Accommodation claims: Roberts v Johnstone challenge to be handled as test case

The Court of Appeal has adjourned the appeal hearing of Swift v Carpenter to allow the parties to file additional expert evidence. The Personal Injury Bar Association was also granted permission to intervene as an interested party.

Further directions have been made granting all parties permission to obtain expert evidence and to lodge further written submissions. Indications are that the appeal hearing will be heard in early 2020.

First instance

Since the decision in Roberts v Johnstone [1989] Q.B. 878, the cost of future accommodation has been calculated on the basis of compensation for the loss of use of capital used to purchase a more expensive property.

Whilst the claimant retains an appreciating asset in the property, the capital tied up would not have produced any return of investment and so a claimant is compensated for this loss. Until 2017, these calculations involved a positive discount rate.

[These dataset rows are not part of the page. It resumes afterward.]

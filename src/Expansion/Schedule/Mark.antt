-- ===== src/Expansion/Schedule/Mark.antt =====
-- src/expansion/scheduler.rs:633-637 and :673-697: an item becomes ready, or is recovered.
use elamite.Base.{
  ℕ, ◌<◌, ◌≡◌, refl, sym, Bool, true, false, inl, inr, List, [], ◌∷◌, some, arith, get_elem?,
  length, length-append, contains, if◌then◌else◌, subst,
}
use elamite.Expansion.Chain.{
  ExpansionWorkState, pending, ready, active, completed, recovered, ScheduledExpansion,
}
use elamite.Expansion.Ready.{LocationOrder, ReadyKey, insert_key, remove_key}
use elamite.Expansion.Defs.{
  RecoveryReason, RecoveryNode, ExpansionScheduler, is_pending, is_completed, is_recovered,
  update_at, with_state, mark_recovered, make_ready,
}
use elamite.Expansion.Schedule.Work.{get_elem?-update_at, length-update_at, SameFlags}
use elamite.Expansion.Schedule.Keys.{
  ids, not_contained, IsReflexive, remove_key-keeps, insert_key-new, insert_key-keeps,
}
use elamite.Expansion.Schedule.Keyed.{
  Keyed, Keyed-ready, Keyed-update_at, Keyed-remove_key, remove_key-gone, Keyed-insert_key,
}
use elamite.Expansion.Schedule.Sound.{
  also, also_cases, has_edge, AllCompleted, StateSound, Sound, Sound-settle, CompletedAt-kept,
}
use elamite.Expansion.Schedule.Change.{Sound-change}
use elamite.Expansion.Schedule.Count.{
  Fixed-update_at, is_closed, open_count, open_count-closes, open_count-same, Kept,
}

pub is_pending-eq : (st : ExpansionWorkState) → is_pending st ≡ true → st ≡ pending
unfolding is_pending
is_pending-eq pending h = refl
is_pending-eq _ h = cc

abbrev pub either : (ℕ → Bool) → (ℕ → Bool) → ℕ → Bool
either E U j = if E j then true else U j

module _ {Kind : Type 0} (order : LocationOrder) (law : IsReflexive order) where
  -- The refresh of an item that is not pending has nothing to do.
  pub not_pending-StateSound :
      (A U : ℕ → Bool) (work : List (ScheduledExpansion Kind)) (keys : List ReadyKey) (j : ℕ)
      (ds : List ℕ) (st : ExpansionWorkState)
      → is_pending st ≡ false
      → StateSound A (also j U) work keys j ds st
      → StateSound A U work keys j ds st
  unfolding is_pending
  not_pending-StateSound A U work keys j ds pending h st = cc
  not_pending-StateSound A U work keys j ds ready h st = st
  not_pending-StateSound A U work keys j ds active h st = st
  not_pending-StateSound A U work keys j ds completed h st = st
  not_pending-StateSound A U work keys j ds (recovered _) h st = st

  pub refreshed :
      (A U : ℕ → Bool) (s : ExpansionScheduler Kind) (j : ℕ) (r : ScheduledExpansion Kind)
      → Sound A (also j U) s
      → get_elem? s.work j ≡ some r
      → StateSound A U s.work s.ready j r.dependencies r.state
      → Sound A U s
  refreshed A U s j r h e own =
      Sound-settle A (also j U) A U s s.ready j h h.keyed
        (λ k apart. ((λ a. a), (λ u. also_cases j U k u apart), (λ m. m)))
        (λ x at.
          let same : r ≡ x = cc in
          subst (λ z. StateSound A U s.work s.ready j z.dependencies z.state) same own)

  pub is_keyless :
      (s : ExpansionScheduler Kind) (j : ℕ) (r : ScheduledExpansion Kind)
      → Keyed s.work s.ready
      → get_elem? s.work j ≡ some r
      → (r.state ≡ ready → ⊥)
      → contains j (ids s.ready) ≡ false
  is_keyless s j r keyed e apart = not_contained j (ids s.ready) (λ there.
      let (x, at, st) = Keyed-ready s.work s.ready j keyed there in
      let same : x ≡ r = cc in apart (subst (λ z. z.state ≡ ready) same st))

  pub make_ready-Sound :
      (A U : ℕ → Bool) (s : ExpansionScheduler Kind) (j : ℕ) (r : ScheduledExpansion Kind)
      → Sound A (also j U) s
      → get_elem? s.work j ≡ some r
      → r.state ≡ pending
      → AllCompleted s.work r.dependencies
      → Sound A U (make_ready order j r s) × Kept s (make_ready order j r s)
  unfolding make_ready is_completed is_recovered
  make_ready-Sound A U s j r h e st done =
      let keyless = is_keyless s j r h.keyed e (λ is. cc) in
      let unfinished : is_completed r.state ≡ false = rw st refl in
      (
        Sound-change A (also j U) A U s j r (with_state ready) (insert_key order key s.ready) h e
            (refl, refl, refl, refl) unfinished
            (Keyed-insert_key order (update_at j (with_state ready) s.work) key s.ready
              (with_state ready r, get_elem?-update_at (with_state ready) j s.work r e, refl, refl)
              keyless (Keyed-update_at s.work s.ready j (with_state ready) keyless h.keyed))
            (λ k apart a. a) (λ k apart u. also_cases j U k u apart)
            (λ k apart m. insert_key-keeps order key s.ready k m)
            (inr (subst (λ z. SameFlags z ready) (sym st) (refl, refl)))
            (
              (λ d m. CompletedAt-kept (with_state ready) j s.work r e unfinished d (done d m)),
              inl (insert_key-new order key s.ready),
            ),
        record {
          limits = refl;
          usage = refl;
          edges = refl;
          fixed = Fixed-update_at (with_state ready) j s.work r e (rw st refl);
          count = length-update_at (with_state ready) j s.work;
          open_items =
              let same = open_count-same (with_state ready) j s.work r e (rw st refl) in
              omega (arith, same);
          tally =
              let same = open_count-same (with_state ready) j s.work r e (rw st refl) in
              omega (arith, same);
        },
      )
    where
      key : ReadyKey
      key = record { location = r.request.location; work = j }

  pub mark_recovered-Sound :
      (A U : ℕ → Bool) (s : ExpansionScheduler Kind) (i : ℕ) (r : ScheduledExpansion Kind)
      (reason : RecoveryReason) (chain : List ℕ)
      → Sound (also i A) (also i U) s
      → get_elem? s.work i ≡ some r
      → is_closed r.state ≡ false
      → Sound A (either (has_edge i s.edges) U) (mark_recovered order i r reason chain s)
        × Kept s (mark_recovered order i r reason chain s)
        × (open_count (mark_recovered order i r reason chain s).work < open_count s.work)
  unfolding mark_recovered is_completed is_recovered
  mark_recovered-Sound A U s i r reason chain h e unfinished =
      let less = open_count-closes mark i s.work r e unfinished refl in
      (
        Sound-change (also i A) (also i U) A (either (has_edge i s.edges) U) s i r mark
            (remove_key order key s.ready) h e (refl, refl, refl, refl) (ground arith)
            (Keyed-update_at s.work (remove_key order key s.ready) i mark
              (remove_key-gone order law s.work key s.ready r h.keyed e refl)
              (Keyed-remove_key order s.work key s.ready h.keyed))
            (λ k apart a. also_cases i A k a apart)
            (λ k apart u. let old = also_cases i U k u apart in ground arith)
            (λ k apart m. remove_key-keeps order key s.ready k apart m) (inl (λ k m. ground arith))
            tt,
        record {
          limits = refl;
          usage = refl;
          edges = refl;
          fixed = Fixed-update_at mark i s.work r e unfinished;
          count = length-update_at mark i s.work;
          open_items = omega (arith, less);
          tally = omega (arith, less, length-append s.recoveries (new ∷ []));
        },
        less,
      )
    where
      mark : ScheduledExpansion Kind → ScheduledExpansion Kind
      mark = with_state (recovered (length s.recoveries))

      new : RecoveryNode
      new = record {
        id = length s.recoveries;
        work = i;
        role = r.request.role;
        reason = reason;
        active_chain = chain;
      }

      key : ReadyKey
      key = record { location = r.request.location; work = i }
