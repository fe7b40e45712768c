-- ===== src/Expansion/Schedule/Refresh.antt =====
-- src/expansion/scheduler.rs:615-699: refreshes and recoveries of a sound scheduler.
use elamite.Base.{
  ℕ, zero, suc, ◌+◌, ◌<◌, ◌≤◌, ◌≡◌, refl, sym, ◌∙◌, Bool, true, false, inl, inr, List, [], ◌∷◌,
  some, arith, get_elem?, get_elem?-some, get_elem?-lt, length, map, any, all, contains, ltb,
  lt→ltb, ◌^◌, Bool-cases, subst,
}
use elamite.Expansion.Chain.{ExpansionWorkState, pending, ScheduledExpansion}
use elamite.Expansion.Ready.{LocationOrder, sort_keys, dedup}
use elamite.Expansion.Defs.{
  RecoveryReason, dependency, ExpansionScheduler, is_pending, is_completed, is_recovered, states_of,
  Recovers, mark_recovered, refresh_pending, refresh_item, refresh, refresh_each, refresh_sorted,
  refresh_dependents, recover_item, recover,
}
use elamite.Expansion.Schedule.Work.{states_of-some, states_of-CompletedAt}
use elamite.Expansion.Schedule.Keys.{contains_more, IsReflexive}
use elamite.Expansion.Schedule.Sound.{
  Ensures, and_then-Ensures, Ensures-map, also, also_other, has_edge, has_edge-ascends, StateSound,
  Sound, Sound-mono,
}
use elamite.Expansion.Schedule.Count.{
  Recovered, is_closed, open_count, Kept, Kept-refl, Kept-trans, dependents,
}
use elamite.Expansion.Schedule.Mark.{
  is_pending-eq, either, not_pending-StateSound, refreshed, make_ready-Sound, mark_recovered-Sound,
}

module _ {Kind : Type 0} (order : LocationOrder) (law : IsReflexive order) where
  -- A recovery that has the fuel for all items after one.
  abbrev pub IsRecovery : ℕ → Recovers Kind → Type 0
  IsRecovery fuel rec =
      (A U : ℕ → Bool) (i : ℕ) (r : ScheduledExpansion Kind) (reason : RecoveryReason)
      (chain : List ℕ) (s : ExpansionScheduler Kind)
      → length s.work ≤ fuel + i
      → length s.recoveries + open_count s.work ≤ 2 ^ 32
      → Sound (also i A) (also i U) s
      → get_elem? s.work i ≡ some r
      → is_closed r.state ≡ false
      → Ensures (Recovered A U s) (rec i reason chain s)

  module _ (fuel : ℕ) (rec : Recovers Kind) (recovers : IsRecovery fuel rec) where
    abbrev pub Refreshed :
        (A U : ℕ → Bool) → ExpansionScheduler Kind → ExpansionScheduler Kind → Type 0
    Refreshed A U s t = Sound A U t × Kept s t

    refresh_pending-Ensures :
        (A U : ℕ → Bool) (j : ℕ) (s : ExpansionScheduler Kind) (r : ScheduledExpansion Kind)
        (states : List ExpansionWorkState)
        → length s.work ≤ fuel + j
        → length s.recoveries + open_count s.work ≤ 2 ^ 32
        → Sound A (also j U) s
        → get_elem? s.work j ≡ some r
        → r.state ≡ pending
        → states_of s.work r.dependencies ≡ some states
        → Ensures (Refreshed A U s) (refresh_pending order rec j r (some states) s)
    unfolding refresh_pending is_completed is_recovered
    refresh_pending-Ensures A U j s r states enough fits h e st known =
        elim (Bool-cases (any is_recovered states)) [
          | inl lost ↦ rw lost (
              Ensures-map (Recovered A U s) (Refreshed A U s) (rec j dependency [] s)
                (recovers A U j r dependency [] s enough fits
                  (Sound-mono A (also j U) (also j A) (also j U) s h (also_other j A) (λ k u. u)) e
                  (rw st refl))
                (λ t (sound, kept, less). (sound, kept)))
          | inr here ↦ rw here (elim (Bool-cases (all is_completed states)) [
            | inl done ↦ rw done (
                make_ready-Sound order law A U s j r h e st
                  (states_of-CompletedAt s.work r.dependencies states known done))
            | inr waits ↦ rw waits (
              refreshed order law A U s j r h e (
                  subst (StateSound A U s.work s.ready j r.dependencies) (sym st)
                    (inl (states, known, here, waits))),
              Kept-refl s,
            )
          ])
        ]

    refresh_item-Ensures :
        (A U : ℕ → Bool) (j : ℕ) (s : ExpansionScheduler Kind) (r : ScheduledExpansion Kind)
        → length s.work ≤ fuel + j
        → length s.recoveries + open_count s.work ≤ 2 ^ 32
        → Sound A (also j U) s
        → get_elem? s.work j ≡ some r
        → Ensures (Refreshed A U s) (refresh_item order rec j (some r) s)
    unfolding refresh_item
    refresh_item-Ensures A U j s r enough fits h e = elim (Bool-cases (is_pending r.state)) [
      | inl waiting ↦
          let (before, deps, st) = h.items j r e in
          let (states, known) =
            states_of-some s.work r.dependencies
              (λ d m. let less = (deps d m).0 in omega (arith, less, get_elem?-lt s.work j r e)) in
          rw (waiting, known)
            (refresh_pending-Ensures A U j s r states enough fits h e
              (is_pending-eq r.state waiting) known)
      | inr other ↦
          let (before, deps, st) = h.items j r e in
          rw other (
            refreshed order law A U s j r h e (
                not_pending-StateSound order law A U s.work s.ready j r.dependencies r.state other
                  st),
            Kept-refl s,
          )
    ]

    pub refresh-Ensures :
        (A U : ℕ → Bool) (j : ℕ) (s : ExpansionScheduler Kind)
        → j < length s.work
        → length s.work ≤ fuel + j
        → length s.recoveries + open_count s.work ≤ 2 ^ 32
        → Sound A (also j U) s
        → Ensures (Refreshed A U s) (refresh order rec j s)
    unfolding refresh
    refresh-Ensures A U j s there enough fits h =
        let (r, e) = get_elem?-some s.work j there in
        subst (λ o. Ensures (Refreshed A U s) (refresh_item order rec j o s)) (sym e)
          (refresh_item-Ensures A U j s r enough fits h e)

    refresh_each-Ensures :
        (A U : ℕ → Bool) (js : List ℕ) (s : ExpansionScheduler Kind)
        → ((j : ℕ) → contains j js ≡ true → (j < length s.work) × (length s.work ≤ fuel + j))
        → length s.recoveries + open_count s.work ≤ 2 ^ 32
        → Sound A (either (λ j. contains j js) U) s
        → Ensures (Refreshed A U s) (refresh_each order rec js s)
    unfolding refresh_each contains
    refresh_each-Ensures A U [] s there fits h = (h, Kept-refl s)
    refresh_each-Ensures A U (j ∷ js) s there fits h =
        let (inside, enough) = there j (ground arith) in
        and_then-Ensures (Refreshed A (either (λ k. contains k js) U) s) (Refreshed A U s)
          (refresh order rec j s) (refresh_each order rec js)
          (refresh-Ensures A (either (λ k. contains k js) U) j s inside enough fits (
            Sound-mono A (either (λ k. contains k (j ∷ js)) U) A
              (also j (either (λ k. contains k js) U)) s h (λ k a. a) (λ k u. ground arith)))
          (λ t (sound, kept).
            Ensures-map (Refreshed A U t) (Refreshed A U s) (refresh_each order rec js t)
              (refresh_each-Ensures A U js t
                (λ k m.
                  let (a, b) = there k (contains_more k j js m) in
                  (omega (arith, a, kept.count), omega (arith, b, kept.count)))
                (omega (arith, fits, kept.tally)) sound)
              (λ u (done, more). (done, Kept-trans s t u kept more)))

    pub refresh_dependents-Ensures :
        (A U : ℕ → Bool) (i : ℕ) (s : ExpansionScheduler Kind)
        → length s.work ≤ suc (fuel + i)
        → length s.recoveries + open_count s.work ≤ 2 ^ 32
        → Sound A (either (has_edge i s.edges) U) s
        → Ensures (Refreshed A U s) (refresh_dependents order rec i s)
    unfolding refresh_dependents refresh_sorted
    refresh_dependents-Ensures A U i s enough fits h =
        let (keys, made, same) = dependents order s.work i s.edges h.ascend in
        subst (λ o. Ensures (Refreshed A U s) (refresh_sorted order rec o s)) (sym made)
          (refresh_each-Ensures A U (dedup (map (λ k. k.work) (sort_keys order keys))) s
            (λ j m.
              let (later, inside) =
                has_edge-ascends (length s.work) i j s.edges h.ascend (sym (same j) ∙ m) in
              (inside, omega (arith, later, enough)))
            fits
            (Sound-mono A (either (has_edge i s.edges) U) A
              (either (λ j. contains j (dedup (map (λ k. k.work) (sort_keys order keys)))) U) s h
              (λ j a. a) (λ j u. let is = same j in rw is u)))

    recover_item-Ensures :
        (A U : ℕ → Bool) (i : ℕ) (r : ScheduledExpansion Kind) (reason : RecoveryReason)
        (chain : List ℕ) (s : ExpansionScheduler Kind)
        → length s.work ≤ suc (fuel + i)
        → length s.recoveries + open_count s.work ≤ 2 ^ 32
        → Sound (also i A) (also i U) s
        → get_elem? s.work i ≡ some r
        → is_closed r.state ≡ false
        → Ensures (Recovered A U s) (recover_item order rec i reason chain (some r) s)
    unfolding recover_item
    recover_item-Ensures A U i r reason chain s enough fits h e unfinished =
        let (sound, kept, less) =
          mark_recovered-Sound order law A U s i r reason chain h e unfinished in
        let few : ltb (length s.recoveries) (2 ^ 32) ≡ true =
          lt→ltb (length s.recoveries) (2 ^ 32) (omega (arith, fits, less)) in
        rw (unfinished, few)
          (Ensures-map (Refreshed A U (mark_recovered order i r reason chain s)) (Recovered A U s)
            (refresh_dependents order rec i (mark_recovered order i r reason chain s))
            (refresh_dependents-Ensures A U i (mark_recovered order i r reason chain s)
              (omega (arith, enough, kept.count)) (omega (arith, fits, kept.tally))
              (subst
                (λ es. Sound A (either (has_edge i es) U) (mark_recovered order i r reason chain s))
                (sym kept.edges) sound))
            (λ t (done, more). (
              done,
              Kept-trans s (mark_recovered order i r reason chain s) t kept more,
              omega (arith, less, more.open_items),
            )))

  -- A unit of fuel for each item from the recovered one on is enough.
  pub recover-Ensures : (fuel : ℕ) → IsRecovery fuel (recover order fuel)
  unfolding recover
  recover-Ensures zero A U i r reason chain s enough fits h e unfinished =
      absurd (omega (arith, enough, get_elem?-lt s.work i r e))
  recover-Ensures (suc fuel) A U i r reason chain s enough fits h e unfinished =
      subst
        (λ o.
          Ensures (Recovered A U s) (recover_item order (recover order fuel) i reason chain o s))
        (sym e)
        (recover_item-Ensures fuel (recover order fuel) (recover-Ensures fuel) A U i r reason chain
          s (omega (arith, enough)) fits h e unfinished)
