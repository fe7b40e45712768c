-- ===== src/Expansion/Schedule/Push.antt =====
-- A new item with its edges, before it is admitted.
use elamite.Base.{
  ℕ, suc, ◌<◌, ◌≤◌, ◌≡◌, refl, sym, Bool, true, inl, inr, List, [], ◌∷◌, ◌++◌, Option, none, some,
  arith, get_elem?, get_elem?-append, get_elem?-push, get_elem?-push_cases, length, length-append,
  map, all, contains, ltb, Bool-cases, subst,
}
use elamite.Expansion.Chain.{ExpansionRequest, pending, ScheduledExpansion}
use elamite.Expansion.Ready.{ReadyKey}
use elamite.Expansion.Defs.{DependencyKind, ExpansionDependency, ExpansionScheduler}
use elamite.Expansion.Queue.{push_item}
use elamite.Expansion.Schedule.Work.{Waits-alike}
use elamite.Expansion.Schedule.Keyed.{Keyed}
use elamite.Expansion.Schedule.Sound.{
  nobody, also, also_self, has_edge, edges_ascend, StateSound-map, ItemSound, Sound,
}

has_edge-left :
    (p d : ℕ) (edges more : List ExpansionDependency)
    → has_edge p edges d ≡ true
    → has_edge p (edges ++ more) d ≡ true
unfolding has_edge
has_edge-left p d [] more h = cc
has_edge-left p d (e ∷ edges) more h = let rest = has_edge-left p d edges more in ground arith

has_edge-right :
    (p d : ℕ) (edges more : List ExpansionDependency)
    → has_edge p more d ≡ true
    → has_edge p (edges ++ more) d ≡ true
unfolding has_edge
has_edge-right p d [] more h = h
has_edge-right p d (e ∷ edges) more h = let rest = has_edge-right p d edges more h in ground arith

edges_ascend-append :
    (n : ℕ) (edges more : List ExpansionDependency)
    → edges_ascend n edges ≡ true
    → edges_ascend (suc n) more ≡ true
    → edges_ascend (suc n) (edges ++ more) ≡ true
unfolding edges_ascend
edges_ascend-append n [] more h k = k
edges_ascend-append n (e ∷ edges) more h k =
    let rest = edges_ascend-append n edges more (ground arith) k in ground arith

all_below-contains :
    (n : ℕ) (ds : List ℕ) → all (λ d. ltb d n) ds ≡ true → (d : ℕ) → contains d ds ≡ true → d < n
unfolding contains
all_below-contains n [] h d m = cc
all_below-contains n (x ∷ ds) h d m = elim (Bool-cases (contains d ds)) [
  | inl more ↦ all_below-contains n ds (ground arith) d more
  | inr last ↦ ground arith
]

module _ (kind : DependencyKind) (n : ℕ) where
  abbrev new_edges : List ℕ → List ExpansionDependency
  new_edges ds = map (λ p. record { prerequisite = p; dependent = n; kind = kind }) ds

  has_edge-new : (d : ℕ) (ds : List ℕ) → contains d ds ≡ true → has_edge d (new_edges ds) n ≡ true
  unfolding has_edge contains
  has_edge-new d [] h = cc
  has_edge-new d (x ∷ ds) h = let rest = has_edge-new d ds in ground arith

  edges_ascend-new :
      (ds : List ℕ) → all (λ d. ltb d n) ds ≡ true → edges_ascend (suc n) (new_edges ds) ≡ true
  unfolding edges_ascend
  edges_ascend-new [] h = refl
  edges_ascend-new (x ∷ ds) h = let rest = edges_ascend-new ds (ground arith) in ground arith

module _ {Kind : Type 0} where
  Keyed-append :
      (work : List (ScheduledExpansion Kind)) (new : ScheduledExpansion Kind) (keys : List ReadyKey)
      → Keyed work keys
      → Keyed (work ++ new ∷ []) keys
  Keyed-append work new [] h = tt
  Keyed-append work new (k ∷ keys) ((r, e, st, l), absent, h) = (
    (r, get_elem?-append work (new ∷ []) k.work r e, st, l),
    absent,
    Keyed-append work new keys h,
  )

  -- The scheduler is sound but for the new item, which is to be admitted.
  pub push_item-Sound :
      (A : ℕ → Bool) (s : ExpansionScheduler Kind) (request : ExpansionRequest Kind)
      (parent : Option ℕ) (ds : List ℕ) (kind : DependencyKind) (depth : ℕ)
      → Sound A nobody s
      → all (λ d. ltb d (length s.work)) ds ≡ true
      → ((p : ℕ) → parent ≡ some p → p < length s.work)
      → depth ≤ suc (length s.work)
      → Sound A (also (length s.work) nobody) (push_item request parent ds kind depth s)
        × ((r : ScheduledExpansion Kind) × (get_elem?
                (push_item request parent ds kind depth s).work
                (length s.work)
              ≡ some r)
            × (r.state ≡ pending))
        × (length (push_item request parent ds kind depth s).work ≡ suc (length s.work))
  unfolding push_item
  push_item-Sound A s request parent ds kind depth h below before deep = (
    record {
      items = λ j x at. elim (get_elem?-push_cases s.work new j x at) [
        | inl old ↦ kept j x old
        | inr (is, made) ↦
            subst (λ z. ItemSound A U' work' edges' s.ready j z) (sym made)
              (subst (λ z. ItemSound A U' work' edges' s.ready z new) (sym is) added)
      ];
      ascend =
          subst (λ z. edges_ascend z edges' ≡ true) (sym count)
            (edges_ascend-append n s.edges (new_edges kind n ds) h.ascend
              (edges_ascend-new kind n ds below));
      keyed = Keyed-append s.work new s.ready h.keyed;
    },
    (new, get_elem?-push s.work new, refl),
    count,
  )
    where
      n : ℕ
      n = length s.work

      new : ScheduledExpansion Kind
      new = record {
        id = n;
        request = request;
        parent = parent;
        dependencies = ds;
        depth = depth;
        resources = none;
        state = pending;
      }

      work' : List (ScheduledExpansion Kind)
      work' = s.work ++ new ∷ []

      edges' : List ExpansionDependency
      edges' = s.edges ++ new_edges kind n ds

      U' : ℕ → Bool
      U' = also n nobody

      count : length work' ≡ suc n
      count = let sum = length-append s.work (new ∷ []) in omega (arith, sum)

      added : ItemSound A U' work' edges' s.ready n new
      added = (
        (before, deep, refl),
        (λ d m. (
          all_below-contains n ds below d m,
          has_edge-right d n s.edges (new_edges kind n ds) (has_edge-new kind n d ds m),
        )),
        inr (also_self n nobody),
      )

      kept :
          (j : ℕ) (x : ScheduledExpansion Kind)
          → get_elem? s.work j ≡ some x
          → ItemSound A U' work' edges' s.ready j x
      kept j x old =
          let (parents, deps, st) = h.items j x old in
          (
            parents,
            (λ d m.
                let (less, linked) = deps d m in
                (less, has_edge-left d j s.edges (new_edges kind n ds) linked)),
            StateSound-map A nobody A U' s.work work' s.ready s.ready j x.dependencies x.state
                (λ d m (r, at, done). (r, get_elem?-append s.work (new ∷ []) d r at, done))
                (λ w. inl (
                  Waits-alike s.work work' x.dependencies
                    (λ d m r at. (r, get_elem?-append s.work (new ∷ []) d r at, (refl, refl))) w))
                (λ u. cc) (λ a. a) (λ m. m) st,
          )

At first instance, the Claimant argued that where there was a negative discount rate, the calculation of accommodation claims using Roberts v Johnstone would result in no loss, and that this was unfair.

Nonetheless, the High Court reaffirmed Roberts v Johnstone, finding that whilst it is not flawless, it remained good law and should continue to form the basis upon which future accommodation claims are calculated.


The Court of Appeal judges have made clear that this appeal should be considered a test case allowing a "fuller review of all possible alternatives" for calculating accommodation claims, which by extension will determine whether Roberts v Johnstone remains the most appropriate methodology.

The decision to allow further expert evidence and designate this matter a test case will be of great interest to both claimants and defendants, particularly in light of the recent change to the discount rate, which retained a negative figure of -0.25%

We will continue to keep track of the progression of this appeal, and will report further.